— Work order —
Please copy every line of the data in which the string "abbrev" appears.

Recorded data
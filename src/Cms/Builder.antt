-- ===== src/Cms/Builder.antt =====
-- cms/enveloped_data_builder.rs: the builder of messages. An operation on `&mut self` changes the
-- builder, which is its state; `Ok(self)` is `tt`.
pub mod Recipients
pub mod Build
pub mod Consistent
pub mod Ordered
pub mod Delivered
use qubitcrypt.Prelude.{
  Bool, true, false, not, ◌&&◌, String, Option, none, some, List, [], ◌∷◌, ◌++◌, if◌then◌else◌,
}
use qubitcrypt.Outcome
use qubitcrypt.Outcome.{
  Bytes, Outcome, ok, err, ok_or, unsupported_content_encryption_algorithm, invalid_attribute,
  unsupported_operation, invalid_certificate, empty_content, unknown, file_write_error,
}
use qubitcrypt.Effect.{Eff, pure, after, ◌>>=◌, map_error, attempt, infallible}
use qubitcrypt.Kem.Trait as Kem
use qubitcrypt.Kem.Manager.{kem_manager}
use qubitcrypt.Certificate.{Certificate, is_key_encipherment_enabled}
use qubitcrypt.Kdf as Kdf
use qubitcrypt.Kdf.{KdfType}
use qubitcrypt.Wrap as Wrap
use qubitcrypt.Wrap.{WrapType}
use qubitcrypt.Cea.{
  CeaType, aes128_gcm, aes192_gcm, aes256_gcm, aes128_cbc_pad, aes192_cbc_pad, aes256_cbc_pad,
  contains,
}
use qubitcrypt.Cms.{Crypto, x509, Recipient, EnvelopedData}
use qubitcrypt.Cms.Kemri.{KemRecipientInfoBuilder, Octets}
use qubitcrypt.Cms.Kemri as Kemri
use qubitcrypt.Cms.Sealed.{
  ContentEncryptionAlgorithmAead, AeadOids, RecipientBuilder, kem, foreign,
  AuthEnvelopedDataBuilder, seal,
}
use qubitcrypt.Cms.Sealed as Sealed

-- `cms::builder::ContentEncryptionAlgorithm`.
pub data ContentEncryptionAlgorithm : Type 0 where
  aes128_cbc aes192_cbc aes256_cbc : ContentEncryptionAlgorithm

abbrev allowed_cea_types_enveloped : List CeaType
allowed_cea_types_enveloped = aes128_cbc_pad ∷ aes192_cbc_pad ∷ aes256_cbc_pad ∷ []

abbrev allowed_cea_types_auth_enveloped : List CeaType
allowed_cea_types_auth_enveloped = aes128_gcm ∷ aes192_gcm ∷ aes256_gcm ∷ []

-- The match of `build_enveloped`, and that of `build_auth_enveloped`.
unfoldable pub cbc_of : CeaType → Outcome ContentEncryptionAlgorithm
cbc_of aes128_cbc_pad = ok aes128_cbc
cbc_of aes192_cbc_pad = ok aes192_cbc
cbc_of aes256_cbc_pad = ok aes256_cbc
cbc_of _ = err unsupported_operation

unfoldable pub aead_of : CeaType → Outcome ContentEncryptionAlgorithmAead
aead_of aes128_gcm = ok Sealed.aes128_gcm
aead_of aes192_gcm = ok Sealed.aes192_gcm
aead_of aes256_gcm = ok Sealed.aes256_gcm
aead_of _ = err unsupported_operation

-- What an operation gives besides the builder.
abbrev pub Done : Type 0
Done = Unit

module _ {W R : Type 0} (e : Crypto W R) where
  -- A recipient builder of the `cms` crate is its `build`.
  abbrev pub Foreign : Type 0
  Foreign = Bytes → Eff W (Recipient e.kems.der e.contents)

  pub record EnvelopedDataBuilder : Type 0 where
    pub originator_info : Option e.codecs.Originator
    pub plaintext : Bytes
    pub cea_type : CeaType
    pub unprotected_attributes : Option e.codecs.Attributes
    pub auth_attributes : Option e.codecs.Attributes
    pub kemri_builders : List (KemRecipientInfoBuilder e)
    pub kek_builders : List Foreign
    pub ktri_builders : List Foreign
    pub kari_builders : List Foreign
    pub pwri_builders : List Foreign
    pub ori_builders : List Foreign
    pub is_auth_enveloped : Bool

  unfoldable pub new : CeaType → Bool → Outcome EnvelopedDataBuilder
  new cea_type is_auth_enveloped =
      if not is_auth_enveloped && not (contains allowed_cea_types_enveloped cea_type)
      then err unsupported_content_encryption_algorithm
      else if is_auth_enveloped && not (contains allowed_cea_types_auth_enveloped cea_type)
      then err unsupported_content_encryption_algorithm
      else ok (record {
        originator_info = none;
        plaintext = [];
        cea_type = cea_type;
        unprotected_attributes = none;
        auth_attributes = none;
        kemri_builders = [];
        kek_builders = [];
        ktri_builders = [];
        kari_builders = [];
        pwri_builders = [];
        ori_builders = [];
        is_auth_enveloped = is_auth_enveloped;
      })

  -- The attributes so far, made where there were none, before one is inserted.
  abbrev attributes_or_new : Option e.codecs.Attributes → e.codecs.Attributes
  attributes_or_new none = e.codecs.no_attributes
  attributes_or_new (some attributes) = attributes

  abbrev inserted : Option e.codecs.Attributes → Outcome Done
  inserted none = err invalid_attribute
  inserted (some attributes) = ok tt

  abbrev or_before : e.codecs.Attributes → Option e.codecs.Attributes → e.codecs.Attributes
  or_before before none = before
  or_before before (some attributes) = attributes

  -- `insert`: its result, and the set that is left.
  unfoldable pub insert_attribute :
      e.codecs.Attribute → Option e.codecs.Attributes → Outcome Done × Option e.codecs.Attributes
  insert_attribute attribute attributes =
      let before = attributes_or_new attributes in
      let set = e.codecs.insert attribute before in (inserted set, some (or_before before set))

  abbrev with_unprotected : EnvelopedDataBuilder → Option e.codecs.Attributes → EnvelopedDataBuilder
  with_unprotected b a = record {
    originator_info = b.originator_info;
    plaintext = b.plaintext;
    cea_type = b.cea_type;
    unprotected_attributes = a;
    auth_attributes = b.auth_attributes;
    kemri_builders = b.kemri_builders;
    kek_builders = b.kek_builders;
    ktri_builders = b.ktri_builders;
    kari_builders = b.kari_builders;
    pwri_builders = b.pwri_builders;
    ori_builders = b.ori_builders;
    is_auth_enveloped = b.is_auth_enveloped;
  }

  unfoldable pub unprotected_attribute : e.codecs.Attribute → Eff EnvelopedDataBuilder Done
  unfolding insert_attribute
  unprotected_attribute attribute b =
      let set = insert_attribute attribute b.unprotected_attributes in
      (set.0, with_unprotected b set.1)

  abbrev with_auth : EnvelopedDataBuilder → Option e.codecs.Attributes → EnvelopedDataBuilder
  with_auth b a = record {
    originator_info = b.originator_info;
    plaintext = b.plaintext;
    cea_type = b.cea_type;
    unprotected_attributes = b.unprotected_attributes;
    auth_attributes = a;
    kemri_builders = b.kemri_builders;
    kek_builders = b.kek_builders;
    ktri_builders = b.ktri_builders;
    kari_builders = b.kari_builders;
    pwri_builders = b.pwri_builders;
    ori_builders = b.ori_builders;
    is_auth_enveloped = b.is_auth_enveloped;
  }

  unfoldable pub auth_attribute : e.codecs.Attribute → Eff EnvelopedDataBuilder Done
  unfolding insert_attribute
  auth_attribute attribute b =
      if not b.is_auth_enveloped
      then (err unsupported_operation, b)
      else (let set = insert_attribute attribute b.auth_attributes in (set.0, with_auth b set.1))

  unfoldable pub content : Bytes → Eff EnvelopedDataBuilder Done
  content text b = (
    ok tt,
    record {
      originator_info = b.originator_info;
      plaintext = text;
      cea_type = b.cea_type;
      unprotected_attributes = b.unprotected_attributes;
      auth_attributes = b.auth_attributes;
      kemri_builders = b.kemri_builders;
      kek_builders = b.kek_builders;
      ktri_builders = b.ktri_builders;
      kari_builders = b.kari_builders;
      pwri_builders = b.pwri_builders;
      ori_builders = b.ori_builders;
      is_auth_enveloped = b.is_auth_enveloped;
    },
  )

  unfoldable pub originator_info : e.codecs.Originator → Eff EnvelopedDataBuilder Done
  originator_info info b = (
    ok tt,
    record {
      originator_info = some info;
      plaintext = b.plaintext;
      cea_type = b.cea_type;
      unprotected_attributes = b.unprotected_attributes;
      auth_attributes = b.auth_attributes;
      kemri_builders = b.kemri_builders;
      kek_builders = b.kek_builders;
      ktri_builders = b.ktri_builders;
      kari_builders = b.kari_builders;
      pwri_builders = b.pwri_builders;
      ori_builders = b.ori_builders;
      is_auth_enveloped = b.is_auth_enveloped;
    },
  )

— Finished exercise —
abbrev allowed_cea_types_enveloped : List CeaType
abbrev allowed_cea_types_auth_enveloped : List CeaType
abbrev pub Done : Type 0
  abbrev pub Foreign : Type 0
  abbrev attributes_or_new : Option e.codecs.Attributes → e.codecs.Attributes
  abbrev inserted : Option e.codecs.Attributes → Outcome Done
  abbrev or_before : e.codecs.Attributes → Option e.codecs.Attributes → e.codecs.Attributes
  abbrev with_unprotected : EnvelopedDataBuilder → Option e.codecs.Attributes → EnvelopedDataBuilder
  abbrev with_auth : EnvelopedDataBuilder → Option e.codecs.Attributes → EnvelopedDataBuilder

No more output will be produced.